A quasi un mesetto dai fattacci di
Firenze, il Ministro degli Interni, che è spesso così pronto a
giudicare, quando gli fa comodo, senza che i tre gradi di giudizio
abbiano stabilito la verità (ma si parla sempre di giustizia umana,
eh!), fa finta di niente: fischietta, si lima le unghie, si mangia
qualche zeppola per la festa del papà.
Come avevo previsto, non si espone
perché si trova ad un bivio: o giustifica, come spesso ha fatto (v.
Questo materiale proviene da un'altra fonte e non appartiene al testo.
-- ===== src/Redemption/Leases/History.antt =====
-- Histories of one redemption table: the calls of any number of requests, interleaved in any order,
-- each under the table's lock and with the clock's reading.
use nft_gate.Base.{ℕ, ◌<◌, ◌≡◌, refl, true, false, some, List, [], ◌∷◌, arith, ltb, All}
use nft_gate.Base.Words.{after_secs}
use nft_gate.Text.{Text, text_eq_iff, text_eq_refl}
use nft_gate.Assoc.{lookup, IsMap, retain}
use nft_gate.Assoc.Laws.{lookup-insert, lookup-remove, lookup-retain}
use nft_gate.Redemption.Leases.{
  Commit, lost, redeemed, Row, RedemptionTable, evict_lease, grant, lease_live, try_lease, commit,
  release,
}
use nft_gate.Redemption.Leases.Status.{lookup-evict_lease}
use nft_gate.Redemption.Leases.Owner.{try_lease-IsMap, commit-IsMap, release-IsMap}
use nft_gate.Assoc.Laws.{retain-IsMap}

pub data Call : Type 0 where
  leases : (key : Text) (ttl max_entries : ℕ) (token : Text) → Call
  commits : (key token : Text) (retention : ℕ) → Call
  releases : (key token : Text) → Call

unfoldable pub step : ℕ × Call → RedemptionTable → RedemptionTable
step (now, leases k ttl n token) t = (try_lease k now ttl n token t).1
step (now, commits k token retention) t = (commit k token now retention t).1
step (now, releases k token) t = release k token t

unfoldable pub run : List (ℕ × Call) → RedemptionTable → RedemptionTable
run [] t = t
run (c ∷ cs) t = run cs (step c t)

abbrev pub Before : ℕ → List (ℕ × Call) → Type 0
Before e = All (λ c. c.0 < e)

pub step-IsMap : (c : ℕ × Call) (t : RedemptionTable) → IsMap t → IsMap (step c t)
unfolding step
step-IsMap (now, leases k ttl n token) t d = try_lease-IsMap k now ttl n token t d
step-IsMap (now, commits k token retention) t d = commit-IsMap k token now retention t d
step-IsMap (now, releases k token) t d = release-IsMap k token t d

pub run-IsMap : (cs : List (ℕ × Call)) (t : RedemptionTable) → IsMap t → IsMap (run cs t)
unfolding run
run-IsMap [] t d = d
run-IsMap (c ∷ cs) t d = run-IsMap cs (step c t) (step-IsMap c t d)

-- The digest is committed until `e`.
abbrev pub IsSpent : Text → ℕ → RedemptionTable → Type 0
IsSpent k e t = (r : Row) × (lookup k t ≡ some r) × (r.committed ≡ true) × (r.expiry_ms ≡ e)

try_lease_keeps_spent :
    (k j : Text) (now ttl n : ℕ) (token : Text) (t : RedemptionTable) (r : Row)
    → IsMap t
    → lookup k t ≡ some r
    → r.committed ≡ true
    → now < r.expiry_ms
    → lookup k (try_lease j now ttl n token t).1 ≡ some r
unfolding try_lease lease_live grant
try_lease_keeps_spent k j now ttl n token t r d h c lt =
    let live = λ (x : Row). ltb now x.expiry_ms in
    let rows = retain live t in
    ground (
      arith,
      lookup-retain live k t d,
      text_eq_iff j k,
      lookup-evict_lease n k rows (retain-IsMap live t d),
      lookup-insert j k
          (record { committed = false; expiry_ms = after_secs now ttl; token = token })
          (evict_lease n rows),
    )

pub step-IsSpent :
    (k : Text) (e : ℕ) (c : ℕ × Call) (t : RedemptionTable)
    → IsMap t
    → c.0 < e
    → IsSpent k e t
    → IsSpent k e (step c t)
unfolding step
step-IsSpent k e (now, leases j ttl n token) t d lt (r, h, c, x) =
    (r, try_lease_keeps_spent k j now ttl n token t r d h c (omega arith), c, x)
step-IsSpent k e (now, commits j token retention) t d lt (r, h, c, x) = (r, stays, c, x)
  where
    stays : lookup k (commit j token now retention t).1 ≡ some r
    stays =
        unfold commit in
        ground (
          arith,
          text_eq_iff j k,
          lookup-insert j k
              (record { committed = true; expiry_ms = after_secs now retention; token = [] }) t,
        )
step-IsSpent k e (now, releases j token) t d lt (r, h, c, x) = (r, stays, c, x)
  where
    stays : lookup k (release j token t) ≡ some r
    stays = unfold release in ground (arith, text_eq_iff j k, lookup-remove j k t)

-- Whatever is called before the retention ends, a spent digest stays spent.
pub run-IsSpent :
    (k : Text) (e : ℕ) (cs : List (ℕ × Call)) (t : RedemptionTable)
    → IsMap t
    → Before e cs
    → IsSpent k e t
    → IsSpent k e (run cs t)
unfolding run
run-IsSpent k e [] t d b s = s
run-IsSpent k e (c ∷ cs) t d b s =
    run-IsSpent k e cs (step c t) (step-IsMap c t d) b.1 (step-IsSpent k e c t d b.0 s)

-- A successful commit spends the digest.
pub commit-IsSpent :
    (k token : Text) (now retention : ℕ) (t : RedemptionTable)
    → (commit k token now retention t).0 ≡ Commit.ok
    → IsSpent k (after_secs now retention) (commit k token now retention t).1
unfolding commit
commit-IsSpent k token now retention t h = (
  record { committed = true; expiry_ms = after_secs now retention; token = [] },
  ground (
    arith,
    text_eq_refl k,
    lookup-insert k k
        (record { committed = true; expiry_ms = after_secs now retention; token = [] }) t,
  ),
  refl,
  refl,
)

spent_refuses :
    (k : Text) (e now ttl n retention : ℕ) (token : Text) (t : RedemptionTable)
    → IsMap t
    → now < e
    → IsSpent k e t
    → ((try_lease k now ttl n token t).0 ≡ redeemed) × ((commit k token now retention t).0 ≡ lost)
unfolding try_lease lease_live commit
spent_refuses k e now ttl n retention token t d lt (r, h, c, x) =
    (ground (arith, lookup-retain (λ y. ltb now y.expiry_ms) k t d), ground arith)

-- No double spend, on a table without double keys: after a commit that succeeded, and any history of calls that all come before the
-- retention ends, a further lease of the digest is answered `redeemed` and a further commit `lost`,
-- whatever token it presents.
pub commit_once :
    (k token : Text) (now retention : ℕ) (t : RedemptionTable) (cs : List (ℕ × Call))
    (later ttl n again : ℕ) (token' : Text)
    → IsMap t
    → (commit k token now retention t).0 ≡ Commit.ok
    → Before (after_secs now retention) cs
    → later < after_secs now retention
    → let t' = run cs (commit k token now retention t).1 in
      ((try_lease k later ttl n token' t').0 ≡ redeemed)
      × ((commit k token' later again t').0 ≡ lost)
commit_once k token now retention t cs later ttl n again token' d h b lt =
    let t₁ = (commit k token now retention t).1 in
    let d₁ = commit-IsMap k token now retention t d in
    spent_refuses k (after_secs now retention) later ttl n again token' (run cs t₁)
      (run-IsMap cs t₁ d₁) lt
      (run-IsSpent k (after_secs now retention) cs t₁ d₁ b
        (commit-IsSpent k token now retention t h))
caso Cucchi) incondizionatamente e preventivamente ogni operato della Polizia, anche
quando quest'ultima ha combinato qualche guaio, o, appoggiando la tesi degli
atalantini che si sia trattato di una vera e propria aggressione a
freddo da parte degli agenti, deve venire meno all'idea ingenua, ma
di forte presa comunicativa, che le istituzioni, specialmente quelle
che lui dovrebbe controllare, abbiano sempre ragione.
Per ora si è fermato prima del bivio.
Confida, e molto, sulla memoria da pesce rosso del popolo italiano, ma
temo che i suoi amici (ex?) atalantini, a cui ha accarezzato spesso
il pelo, non dimenticheranno così facilmente.
E, infatti, il 22 marzo
hanno depositato un esposto per sollecitare le indagini e per rinverdir il ricordo dei violacei segni del manganel che rischiara ogni cervel (scusate la licenza poetica).
Il compito di Capitan Findus,
nell'esercizio delle sue funzioni, dovrebbe essere quello di
stabilire la verità dei fatti e lasciare ai giudici la condanna. Lasciare che il tempo sbiadisca il
ricordo perché decidere è rischioso non è da lui.
E' un capitano, perdinci! Avanti,
Savoia!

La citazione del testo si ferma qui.